WHAT IS EXPECTED -
Set down the lines below exactly as they stand, please. Go from the first through the one containing "Monitor (monitor_config.go), Informer".

Records drawn from a dataset -
-- Opening Marker --

-- ===== src/Lib.antt =====
-- The core of shell-operator, which runs shell hooks on events of a Kubernetes cluster: the Go
-- code under shell-operator/pkg.
--
-- How the program works. Each hook has a configuration with bindings. A binding to Kubernetes
-- objects becomes a monitor with informers, whose events go to a channel, as the ticks of
-- crontabs do. For each event the hook manager asks the controllers of the hooks what to run; the
-- answers become tasks at the tails of named queues. A worker for each queue hands the head task
-- to the operator's handler, which runs the hook with the binding contexts of the task, merged
-- with those of the tasks behind it, and sends the metrics that the hook wrote. A task that fails
-- stays at the head and is tried again after a delay that grows.
--
-- The files, with the directories of shell-operator/pkg that they are about:
--   Common      shared tests, lists, dictionaries and code that panics
--   Kube        kube_events_manager: Types (types/types.go), Monitor (monitor_config.go), Informer
--               (resource_informer.go, filter.go), NamespaceInformer (namespace_informer.go),
--               Context (Go's contexts), MonitorState (monitor.go), Resync (util.go), Manager
--               (kube_events_manager.go), Order (the order of objects in types/types.go),
--               EventText (the text of an event)
--   Task        task/task.go and hook/task_metadata, with their texts in Description; Context:
--               hook/binding_context
--   Backoff     the delay before a retry, by the number of failures
--   Queue       task/queue: task_queue.go, its worker in Handle and Worker, queue_set.go in Set; the
--               queue as the list of its tasks in Refinement; the texts of queues in Dump
--               (task/dump/dump.go)
--   Metrics     metric_storage: Operation, Vault, Storage and Vectors
--   Schedule    schedule_manager
--   Hook        hook: Bindings, Schedules and Kubernetes (controller), Config (hook_config.go, and
--               config/versioned_untyped.go in its Load), Manager (hook_manager.go), Controller
--               (hook_controller.go), Run (hook.go), Init (hook_manager.go)
--   Operator    shell-operator: Combine, HookRun and Enable (operator.go, the handlers of tasks),
--               Legacy (the way of an event to a v0 hook),
--               Events (operator.go, manager_events_handler.go), Startup (operator.go), Handler and
--               System (operator.go: the handlers put together, and the steps of a running
--               operator)
--
-- How code corresponds to definitions. A struct is a record with the words of the source in snake
-- case, and a method a function of the same name from the state to the state. A Go string type
-- with constants is a data type, and `unset` its empty string. A nil pointer is `none`. A map is
-- an association list, whose order is one of those in which Go ranges over it. An error is `none`
-- or a constructor, and a panic, as by a nil pointer, is the `panic` of `Outcome`. Pointers to a
-- task are found again in a queue by the task's id, which is a random UUID and an argument here,
-- as are times. Numbers are natural numbers without a bound, but for the counters of metrics, whose
-- addition wraps at 2 ^ 64: no other number of the modelled code comes near the end of a machine
-- word. Floating-point numbers are a type parameter.
--
-- Loops are recursion on the lists they range over. The wait of a worker for a task runs on the
-- list of the events of its timers and its queue, and the loop of a queue on the list of the
-- results of its handler, so that no fuel is needed.
--
-- Contexts of Go are numbers with those of their ancestors, and a context is done when one of them
-- is cancelled. An informer runs when it is started and its context is not done. A running operator
-- is a relation of steps between worlds: an event of a manager, a turn of a queue, a change that
-- informers make; goroutines that take turns are steps in any order.
--
-- What is not modelled: locks, logs, channels and time metrics; the files and the process of a
-- hook, YAML and its schemas, which are parameters; the construction of the operator from flags,
-- the debug server, and the HTTP handler of the metrics, which is input and output. The Kubernetes
-- client, cron, jq, Prometheus, sorting and hashing are parameters: the records `Client`,
-- `Filters`, `Cron`, `Library`, `Prometheus`, `Loader`, `Process` and `HookFiles`.
pub mod Common
pub mod Kube
pub mod Task
pub mod Backoff
pub mod Queue
pub mod Metrics
pub mod Schedule
pub mod Hook
pub mod Operator
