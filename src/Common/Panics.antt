-- ===== src/Common/Panics.antt =====
-- Code that may panic: a nil dereference or a failed type assertion ends the goroutine.
use mathlib.Core.Path.{◌≡◌, refl}

pub data Outcome {ℓ} (A : Type ℓ) : Type ℓ where
  ok : A → Outcome A
  panic : Outcome A

infixl 5 ◌>>=◌
abbrev pub ◌>>=◌ {ℓ κ} : {A : Type ℓ} {B : Type κ} → Outcome A → (A → Outcome B) → Outcome B
ok a >>= f = f a
panic >>= f = panic

-- Inversion of a chain that did not panic.
pub >>=-eq-ok {ℓ κ} :
    {A : Type ℓ} {B : Type κ} (out : Outcome A) (next : A → Outcome B) {result : B}
    → (out >>= next) ≡ ok result
    → (x : A) × (out ≡ ok x) × (next x ≡ ok result)
>>=-eq-ok panic next e = cc
>>=-eq-ok (ok x) next e = (x, refl, e)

-- Closing Marker --

RESPONSE BELOW -
-- ===== src/Lib.antt =====
-- The core of shell-operator, which runs shell hooks on events of a Kubernetes cluster: the Go
-- code under shell-operator/pkg.
--
-- How the program works. Each hook has a configuration with bindings. A binding to Kubernetes
-- objects becomes a monitor with informers, whose events go to a channel, as the ticks of
-- crontabs do. For each event the hook manager asks the controllers of the hooks what to run; the
-- answers become tasks at the tails of named queues. A worker for each queue hands the head task
-- to the operator's handler, which runs the hook with the binding contexts of the task, merged
-- with those of the tasks behind it, and sends the metrics that the hook wrote. A task that fails
-- stays at the head and is tried again after a delay that grows.
--
-- The files, with the directories of shell-operator/pkg that they are about:
--   Common      shared tests, lists, dictionaries and code that panics
--   Kube        kube_events_manager: Types (types/types.go), Monitor (monitor_config.go), Informer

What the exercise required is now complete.